(PROVIDED MATERIAL begins)

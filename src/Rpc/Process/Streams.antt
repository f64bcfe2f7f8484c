-- ===== src/Rpc/Process/Streams.antt =====
-- The output of a method in the legacy streaming mode (rupicolarpc/rupicolarpc.go,
-- legacystreaming.go).
use rupicola_go.Base.{
  ℕ, ◌-◌, ◌≤◌, Bytes, List, [], ◌∷◌, length, length-append, flatten, true, false, Option, none,
  some, ◌≡◌, refl, sym, ap, ◌∙◌, arith, ◌==◌, nat_eq, bytes_eq, if◌then◌else◌,
}
use mathlib.Core.Option.{some-injective}
use rupicola_go.Base.Int.{max_int64, to_int64}
use rupicola_go.Rpc.Value.{
  MethodType, Any, GoError, Reader, Call, set_result, reader, streaming_method_legacy, version20s,
}
use rupicola_go.Rpc.Limit.{Outcome, ◌or_return◌}
use rupicola_go.Rpc.Base.{Env}
use rupicola_go.Rpc.Legacy
use rupicola_go.Rpc.Legacy.{Legacy}
use rupicola_go.Rpc.Responser
use rupicola_go.Rpc.Responser.{
  Responser, legacy, transport, copy_chunk, copy_chunks, copy_reader, change_protocol_if_required,
}
use rupicola_go.Rpc.Registry.{MethodDef, Processor, find_method}
use rupicola_go.Rpc.Decode.{RequestData, Body, read_from, is_valid, empty_request}
use rupicola_go.Rpc.Process.{
  Live, in_time, dispatch, ensure_protocol, identified, copy_flushed, forced, serve_method,
  invoke_method, process, process_context, read_from_transport, spawn_request, close,
  finish_response, run_calls, call, set_response_result,
}
use rupicola_go.Rpc.Process.Refusals.{seen, process-request}
use rupicola_go.Rpc.Process.Results.{allowed, dispatch-found}

-- A transport that takes all that it is given.
abbrev pub TakesAll : Env → Type 0
TakesAll E = (p : Bytes) (s : E.Sink) → ((E.write p s).n ≡ length p) × ((E.write p s).err ≡ none)

-- The transport after one write for each chunk that is not empty.
unfoldable pub sent : (E : Env) → List Bytes → E.Sink → E.Sink
sent E [] s = s
sent E (c ∷ cs) s = sent E cs (if length c == 0 then s else (E.write c s).sink)

module _ (E : Env) (takes : TakesAll E) where
  copy_chunk-legacy :
      (c : Bytes) (b : Legacy E)
      → length c ≤ b.limiter.room
      → (b' : Legacy E) × (copy_chunk E c (legacy b) ≡ (none, legacy b'))
        × (b'.limiter.room ≡ b.limiter.room - length c)
        × (b'.limiter.sink
            ≡ (if length c == 0 then b.limiter.sink else (E.write c b.limiter.sink).sink))
  unfolding copy_chunk Responser.write Legacy.write
  copy_chunk-legacy [] b fits = (b, refl, omega arith, refl)
  copy_chunk-legacy (x ∷ c) b fits = (
    (Legacy.write E (x ∷ c) b).sink,
    ground (arith, takes (x ∷ c) b.limiter.sink),
    ground (arith, takes (x ∷ c) b.limiter.sink),
    ground arith,
  )

  copy_chunks-legacy :
      (cs : List Bytes) (b : Legacy E)
      → length (flatten cs) ≤ b.limiter.room
      → (b' : Legacy E) × (copy_chunks E cs (legacy b) ≡ (none, legacy b'))
        × (b'.limiter.sink ≡ sent E cs b.limiter.sink)
  unfolding copy_chunks sent
  copy_chunks-legacy [] b fits = (b, refl, refl)
  copy_chunks-legacy (c ∷ cs) b fits =
      let (b1, e1, room, s1) =
        copy_chunk-legacy c b (omega (arith, length-append c (flatten cs))) in
      let (b2, e2, s2) =
        copy_chunks-legacy cs b1 (omega (arith, room, length-append c (flatten cs))) in
      (
        b2,
        ap (λ (o : Outcome (Responser E)). o or_return copy_chunks E cs) e1 ∙ e2,
        s2 ∙ ap (sent E cs) s1,
      )

  copy_reader-legacy :
      (r : Reader) (b : Legacy E)
      → length (flatten r.chunks) ≤ b.limiter.room
      → (b' : Legacy E) × (copy_reader E r (legacy b) ≡ (r.fault, legacy b'))
        × (b'.limiter.sink ≡ sent E r.chunks b.limiter.sink)
  unfolding copy_reader
  copy_reader-legacy r b fits =
      let (b', e, s) = copy_chunks-legacy r.chunks b fits in
      (b', ap (λ (o : Outcome (Responser E)). o or_return λ s'. (r.fault, s')) e, s)

change_protocol-legacy :
    {E : Env} (b : Legacy E) (version : Bytes)
    → (version == version20s) ≡ false
    → change_protocol_if_required E (legacy b) version ≡ legacy b
unfolding change_protocol_if_required
change_protocol-legacy b version h = ground arith

ensure_protocol-legacy :
    {E : Env} {U : Type 0} (f : Live E U) (b : Legacy E)
    → f.responser ≡ legacy b
    → (f.request.jsonrpc == version20s) ≡ false
    → ensure_protocol f ≡ f
unfolding ensure_protocol
ensure_protocol-legacy {E} {U} f b e h =
    ap (λ (s : Responser E). record f { responser = s })
      (ap (λ (s : Responser E). change_protocol_if_required E s f.request.jsonrpc) e
        ∙ change_protocol-legacy b f.request.jsonrpc h
        ∙ sym e)

finish_response-legacy :
    (E : Env) (err : Option GoError) (b : Legacy E)
    → ((finish_response {E = E} err (legacy b)).0 ≡ err)
      × (transport E (finish_response {E = E} err (legacy b)).1 ≡ b.limiter.sink)
unfolding finish_response transport Responser.set_response_error Responser.close
    Responser.limit_response
finish_response-legacy E none b = (refl, refl)
finish_response-legacy E (some e) b = (refl, refl)

close-legacy :
    {E : Env} {U : Type 0} (f : Live E U) (b : Legacy E)
    → f.responser ≡ legacy b
    → (f.request.jsonrpc == version20s) ≡ false
    → close f ≡ finish_response f.err (legacy b)
unfolding close
close-legacy {E} {U} f b e h =
    ap (λ (g : Live E U). finish_response g.err g.responser) (ensure_protocol-legacy f b e h)
    ∙ ap (finish_response f.err) e

limited-legacy :
    (E : Env) (out : E.Sink) (id : Option Any) (n : ℕ)
    → n ≤ max_int64
    → (b : Legacy E) × (Responser.limit_response E
          (to_int64 n)
          (Responser.identify E id (legacy (Legacy.new_legacy_streaming_response E out)))
        ≡ legacy b)
      × (b.limiter.room ≡ allowed n)
      × (b.limiter.sink ≡ out)
unfolding Responser.limit_response Responser.identify Legacy.new_legacy_streaming_response
limited-legacy E out id n h = (_, refl, ground arith, refl)

-- A request of the legacy streaming mode before its body is read.
abbrev pub legacy_request : (E : Env) {U : Type 0} → U → Option ℕ → E.Sink → Live E U
legacy_request E u flush_at out = record {
  request = empty_request;
  responser = legacy (Legacy.new_legacy_streaming_response E out);
  err = none;
  mode = streaming_method_legacy;
  user_data = u;
  time_limit = none;
  flush_at = flush_at;
}

module _ (E : Env) {U : Type 0} (p : Processor U) (body : Body) (u : U) (flush_at : Option ℕ)
    (out : E.Sink) where
  abbrev pub streamed : Live E U
  streamed = process p in_time (read_from_transport body (legacy_request E u flush_at out))

  pub process_context-streamed :
      process_context p body streaming_method_legacy u in_time flush_at out ≡ some (close streamed)
  unfolding process_context spawn_request Responser.new_responser
  process_context-streamed = refl

  module _ (m : MethodDef U) (read : (read_from body).0 ≡ none)
      (valid : is_valid (read_from body).1 ≡ true)
      (plain_version : ((read_from body).1.jsonrpc == version20s) ≡ false)
      (found : find_method (read_from body).1.method streaming_method_legacy p ≡ some m)
      (bounded : m.limits.max_response ≤ max_int64) where
    abbrev streamed_to : Responser E
    streamed_to = Responser.limit_response E (to_int64 m.limits.max_response) (
        Responser.identify E (read_from body).1.id
          (legacy (Legacy.new_legacy_streaming_response E out)))

    streamed-called :
        (f : Live E U) × (f.responser ≡ streamed_to)
        × (f.mode ≡ streaming_method_legacy)
        × (f.request ≡ (read_from body).1)
        × (streamed ≡ run_calls (m.invoker (seen body u)) f)
    unfolding identified read_from_transport serve_method invoke_method
    streamed-called = (
      _,
      refl,
      refl,
      refl,
      process-request p in_time _ read
          ∙ ap (λ (f : Live E U). dispatch p in_time (identified f))
              (ensure_protocol-legacy (read_from_transport body (legacy_request E u flush_at out)) _
                refl plain_version)
          ∙ dispatch-found p in_time _ valid found,
    )

    streamed-reader :
        (r : Reader)
        → TakesAll E
        → m.invoker (seen body u) ≡ set_result (reader r) ∷ []
        → length (flatten r.chunks) ≤ allowed m.limits.max_response
        → (b : Legacy E) × (streamed.err ≡ r.fault)
          × (streamed.responser ≡ legacy b)
          × (b.limiter.sink ≡ sent E r.chunks out)
          × (streamed.request ≡ (read_from body).1)
    unfolding set_response_result run_calls call copy_flushed forced
    streamed-reader r takes calls fits =
        let (f, e, mode, request, run) = streamed-called in
        let (b, k, room, empty) =
          limited-legacy E out (read_from body).1.id m.limits.max_response bounded in
        let same : streamed ≡ run_calls (set_result (reader r) ∷ []) f =
          run ∙ ap (λ (cs : List Call). run_calls cs f) calls in
        let (b', copied, all) = copy_reader-legacy E takes r b (omega (arith, room)) in
        let whole : copy_flushed {E = E} (forced f.mode f.flush_at) r f.responser
            ≡ (r.fault, legacy b') =
          ap (λ (t : MethodType). copy_flushed {E = E} (forced t f.flush_at) r f.responser) mode
          ∙ ap (copy_reader E r) (e ∙ k)
          ∙ copied in
        (
          b',
          ap (λ (g : Live E U). g.err) same ∙ ap (λ (o : Outcome (Responser E)). o.0) whole,
          ap (λ (g : Live E U). g.responser) same ∙ ap (λ (o : Outcome (Responser E)). o.1) whole,
          all ∙ ap (sent E r.chunks) empty,
          ap (λ (g : Live E U). g.request) same ∙ request,
        )

    -- A valid request of the legacy streaming mode, of a version that does not upgrade it, whose
    -- method gives a reader in time with an output within its limit, has each chunk that is not
    -- empty written to the transport as it is, in order and with nothing else, and ProcessContext
    -- returns the error with which the reader ended. The transport takes all that it is given.
    pub legacy_output :
        (r : Reader) {o : Outcome (Responser E)}
        → TakesAll E
        → process_context p body streaming_method_legacy u in_time flush_at out ≡ some o
        → m.invoker (seen body u) ≡ set_result (reader r) ∷ []
        → length (flatten r.chunks) ≤ allowed m.limits.max_response
        → (o.0 ≡ r.fault) × (transport E o.1 ≡ sent E r.chunks out)
    legacy_output r {o} takes run calls fits =
        let (b, e, k, all, request) = streamed-reader r takes calls fits in
        let version : (streamed.request.jsonrpc == version20s) ≡ false =
          ap (λ (q : RequestData). q.jsonrpc == version20s) request ∙ plain_version in
        let closed : o ≡ finish_response r.fault (legacy b) =
          some-injective o (close streamed) (sym run ∙ process_context-streamed)
          ∙ close-legacy streamed b k version
          ∙ ap (λ (x : Option GoError). finish_response x (legacy b)) e in
        let (err, left) = finish_response-legacy E r.fault b in
        (
          ap (λ (x : Outcome (Responser E)). x.0) closed ∙ err,
          ap (λ (x : Outcome (Responser E)). transport E x.1) closed ∙ left ∙ all,
        )
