-- ===== src/Rpc/Process/Timeouts.antt =====
-- The time limit of a call (`process` of rupicolarpc/rupicolarpc.go).
use rupicola_go.Base.{ℕ, ◌&&◌, ◌||◌, Bool, ◌≡◌, arith, ◌==◌, nat_eq, leb}
use rupicola_go.Base.Int.{pos, pos_part}
use rupicola_go.Rpc.Process.{effective_timeout}

-- A duration t is within a limit, of which 0 means none.
abbrev pub within : ℕ → ℕ → Bool
within limit t = limit == 0 || leb t limit

-- Of two limits that are not negative, the one in force allows exactly the durations that both
-- allow, 0 standing for no limit.
pub within-effective_timeout :
    (global own t : ℕ)
    → within (pos_part (effective_timeout (pos global) (pos own))) t
      ≡ (within global t && within own t)
unfolding effective_timeout
within-effective_timeout global own t = ground arith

(PROVIDED MATERIAL ends)

DESCRIPTION OF THE TASK: For each line of the entries that includes "else", show that line.

SOLUTION TO THE EXERCISE:
  some, ◌≡◌, refl, sym, ap, ◌∙◌, arith, ◌==◌, nat_eq, bytes_eq, if◌then◌else◌,
sent E (c ∷ cs) s = sent E cs (if length c == 0 then s else (E.write c s).sink)
            ≡ (if length c == 0 then b.limiter.sink else (E.write c b.limiter.sink).sink))
    -- empty written to the transport as it is, in order and with nothing else, and ProcessContext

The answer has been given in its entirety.